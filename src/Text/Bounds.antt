-- ===== src/Text/Bounds.antt =====
-- The bounds that the cuts promise, and what they keep.
use arcrelay_protocol.Prelude.{
  inl, inr, ℕ, suc, zero, ◌+◌, ◌≤◌, ◌≡◌, refl, ap, sym, ◌∙◌, true, none, List, [], ◌∷◌, ◌++◌, map,
  arith, ltb, leb, Bytes, bytes_eq, nat_eq, length, take, drop, get_elem?, take-append-drop,
  Bool-cases, value, saturating_add,
}
use mathlib.Core.List.{reverse, append-nil, append_assoc, reverse-cons, reverse-reverse}
use arcrelay_protocol.Text.{
  truncate_utf8, boundary_before, is_char_boundary, select_lines, bounded_action_output,
  max_action_output_line_bytes, max_action_output_lines, max_action_output_snapshot_bytes,
}

boundary_before-le : (value : Bytes) (end : ℕ) → boundary_before value end ≤ end
unfolding boundary_before
boundary_before-le value zero = omega arith
boundary_before-le value (suc end) = ground (arith, boundary_before-le value end)

boundary_before-boundary :
    (value : Bytes) (end : ℕ) → is_char_boundary value (boundary_before value end) ≡ true
unfolding boundary_before
boundary_before-boundary value zero = unfold is_char_boundary in refl
boundary_before-boundary value (suc end) = elim (Bool-cases (is_char_boundary value (suc end))) [
  | inl e ↦ rw e e
  | inr e ↦ rw e (boundary_before-boundary value end)
]

-- A text that is cut.
pub record Cut (value : Bytes) (maximum : ℕ) (cut : Bytes) : Type 0 where
  pub bounded : length cut ≤ maximum
  pub boundary : is_char_boundary value (length cut) ≡ true
  pub rest : Bytes
  pub prefix : cut ++ rest ≡ value

length-take : (n : ℕ) (value : Bytes) → n ≤ length value → length (take n value) ≡ n
length-take zero value h = refl
length-take (suc n) [] h = omega (arith, h)
length-take (suc n) (x ∷ value) h = omega (arith, length-take n value (omega arith))

get_elem?-length : (value : Bytes) → get_elem? value (length value) ≡ none
get_elem?-length [] = refl
get_elem?-length (x ∷ value) = get_elem?-length value

whole_boundary : (value : Bytes) → is_char_boundary value (length value) ≡ true
unfolding is_char_boundary
whole_boundary [] = refl
whole_boundary (x ∷ value) = ground (arith, get_elem?-length value)

Cut-at :
    (value : Bytes) (maximum end : ℕ)
    → end ≤ maximum
    → end ≤ length value
    → is_char_boundary value end ≡ true
    → Cut value maximum (take end value)
Cut-at value maximum end h l b = record {
  bounded = omega (arith, length-take end value l);
  boundary = rw (length-take end value l) b;
  rest = drop end value;
  prefix = take-append-drop end value;
}

-- `truncate_utf8` returns a prefix of the text, of at most the maximal length, that ends between
-- two characters.
pub truncate_utf8-Cut :
    (value : Bytes) (maximum : ℕ) → Cut value maximum (truncate_utf8 value maximum)
unfolding truncate_utf8
truncate_utf8-Cut value maximum = elim (Bool-cases (leb (length value) maximum)) [
  | inl short ↦ rw short (record {
    bounded = ground arith;
    boundary = whole_boundary value;
    rest = [];
    prefix = append-nil value;
  })
  | inr long ↦ rw long (
      Cut-at value maximum (boundary_before value maximum) (boundary_before-le value maximum)
        (ground (arith, boundary_before-le value maximum)) (boundary_before-boundary value maximum))
]

-- A text that fits is left alone.
truncate_utf8_short :
    (value : Bytes) (maximum : ℕ) → length value ≤ maximum → truncate_utf8 value maximum ≡ value
unfolding truncate_utf8
truncate_utf8_short value maximum h = ground arith

abbrev pub total_length : List Bytes → ℕ
total_length [] = 0
total_length (line ∷ lines) = length line + total_length lines

abbrev pub cut_line : Bytes → Bytes
cut_line line = truncate_utf8 line max_action_output_line_bytes

select_lines-bounded :
    (lines selected : List Bytes) (total : ℕ)
    → total ≡ total_length selected
    → total ≤ max_action_output_snapshot_bytes
    → length selected ≤ max_action_output_lines
    → (length (select_lines lines selected total) ≤ max_action_output_lines)
      × (total_length (select_lines lines selected total) ≤ max_action_output_snapshot_bytes)
unfolding select_lines saturating_add
select_lines-bounded [] selected total t b l = ground arith
select_lines-bounded (line ∷ lines) selected total t b l =
    let next =
      select_lines-bounded lines (cut_line line ∷ selected) (total + length (cut_line line))
        (omega arith) in
    ground (arith, next, (truncate_utf8-Cut line max_action_output_line_bytes).bounded)

map-append_cut : (xs ys : List Bytes) → map cut_line (xs ++ ys) ≡ map cut_line xs ++ map cut_line ys
map-append_cut [] ys = refl
map-append_cut (x ∷ xs) ys = ap (◌∷◌ (cut_line x)) (map-append_cut xs ys)

one_more :
    (line : Bytes) (lines selected : List Bytes)
    → map cut_line (reverse lines) ++ cut_line line ∷ selected
      ≡ map cut_line (reverse (line ∷ lines)) ++ selected
one_more line lines selected =
    sym (append_assoc (map cut_line (reverse lines)) (cut_line line ∷ []) selected)
    ∙ ap (λ xs. xs ++ selected)
        (sym (map-append_cut (reverse lines) (line ∷ []))
          ∙ ap (map cut_line) (sym (reverse-cons line lines)))

-- What the loop selects, behind the lines that it drops, is all the lines, cut.
select_lines-suffix :
    (lines selected : List Bytes) (total : ℕ)
    → (dropped : List Bytes) × (dropped ++ select_lines lines selected total
        ≡ map cut_line (reverse lines) ++ selected)
unfolding select_lines
select_lines-suffix [] selected total = ([], refl)
select_lines-suffix (line ∷ lines) selected total =
    let everything = map cut_line (reverse (line ∷ lines)) in
    let (dropped, e) =
      select_lines-suffix lines (cut_line line ∷ selected) (total + length (cut_line line)) in
    let line' = cut_line line in
    elim (Bool-cases (leb max_action_output_lines (length selected))) [
      | inl full ↦ rw full (everything, refl)
      | inr room ↦
          elim (Bool-cases
            (ltb max_action_output_snapshot_bytes (saturating_add total (length line')))) [
              | inl big ↦ rw room (rw big (everything, refl))
              | inr small ↦ rw room (rw small (dropped, e ∙ one_more line lines selected))
            ]
    ]

-- The output of an action, as it is sent: at most 500 lines and 524288 bytes, and they are the last
-- lines of the output in their order, each cut to a line's maximum.
pub bounded_action_output-suffix :
    (lines : List Bytes)
    → (length (bounded_action_output lines) ≤ max_action_output_lines)
      × (total_length (bounded_action_output lines) ≤ max_action_output_snapshot_bytes)
      × ((dropped : List Bytes) × (dropped ++ bounded_action_output lines ≡ map cut_line lines))
unfolding bounded_action_output
bounded_action_output-suffix lines =
    let (few, small) = select_lines-bounded (reverse lines) [] 0 refl (omega arith) (omega arith) in
    let (dropped, e) = select_lines-suffix (reverse lines) [] 0 in
    (
      few,
      small,
      (
        dropped,
        e
            ∙ append-nil (map cut_line (reverse (reverse lines)))
            ∙ ap (map cut_line) (reverse-reverse lines),
      ),
    )
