-- ===== src/Status/Codes.antt =====
-- What a client can tell from a status.
use arcrelay_protocol.Prelude.{◌≤◌, ◌≡◌, refl, arith, Bytes, bytes_eq, nat_eq, length}
use arcrelay_protocol.Text.Bounds.{truncate_utf8-Cut}
use arcrelay_protocol.Status.{ErrorCode, internal, status, max_status_message_bytes}

-- The message of a failed request is at most 8192 bytes, and the message of an internal error does
-- not depend on what failed inside.
pub status-bounded :
    (draw : Bytes) (code : ErrorCode) (message other : Bytes)
    → (length (status draw code message).message ≤ max_status_message_bytes)
      × (status draw internal message ≡ status draw internal other)
unfolding status
status-bounded draw code message other =
    (ground (arith, (truncate_utf8-Cut message max_status_message_bytes).bounded), refl)
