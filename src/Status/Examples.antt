-- ===== src/Status/Examples.antt =====
-- The status of an internal error.
use arcrelay_protocol.Prelude.{◌≤◌, ◌≡◌, bytes_eq, nat_eq, length, bytes}
use arcrelay_protocol.Status.{internal, status, max_status_message_bytes}
use arcrelay_protocol.Status.Codes.{status-bounded}

status-bounded_example :
    (length (status (bytes "id") internal (bytes "disk failed")).message ≤ max_status_message_bytes)
    × (status (bytes "id") internal (bytes "disk failed")
        ≡ status (bytes "id") internal (bytes "no memory"))
status-bounded_example =
    status-bounded (bytes "id") internal (bytes "disk failed") (bytes "no memory")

========

[What you will do] Only the lines above starting at the one containing "whole_boundary [] = refl" and ending at the one containing "total_length [] = 0", both included, are to be returned, exactly as they read.

[Written response]
whole_boundary [] = refl
whole_boundary (x ∷ value) = ground (arith, get_elem?-length value)

Cut-at :
    (value : Bytes) (maximum end : ℕ)
    → end ≤ maximum
    → end ≤ length value
    → is_char_boundary value end ≡ true
    → Cut value maximum (take end value)
Cut-at value maximum end h l b = record {
  bounded = omega (arith, length-take end value l);
  boundary = rw (length-take end value l) b;
  rest = drop end value;
  prefix = take-append-drop end value;
}

-- `truncate_utf8` returns a prefix of the text, of at most the maximal length, that ends between
-- two characters.
pub truncate_utf8-Cut :
    (value : Bytes) (maximum : ℕ) → Cut value maximum (truncate_utf8 value maximum)
unfolding truncate_utf8
truncate_utf8-Cut value maximum = elim (Bool-cases (leb (length value) maximum)) [
  | inl short ↦ rw short (record {
    bounded = ground arith;
    boundary = whole_boundary value;
    rest = [];
    prefix = append-nil value;
  })
  | inr long ↦ rw long (
      Cut-at value maximum (boundary_before value maximum) (boundary_before-le value maximum)
        (ground (arith, boundary_before-le value maximum)) (boundary_before-boundary value maximum))
]

-- A text that fits is left alone.
truncate_utf8_short :
    (value : Bytes) (maximum : ℕ) → length value ≤ maximum → truncate_utf8 value maximum ≡ value
unfolding truncate_utf8
truncate_utf8_short value maximum h = ground arith

abbrev pub total_length : List Bytes → ℕ
total_length [] = 0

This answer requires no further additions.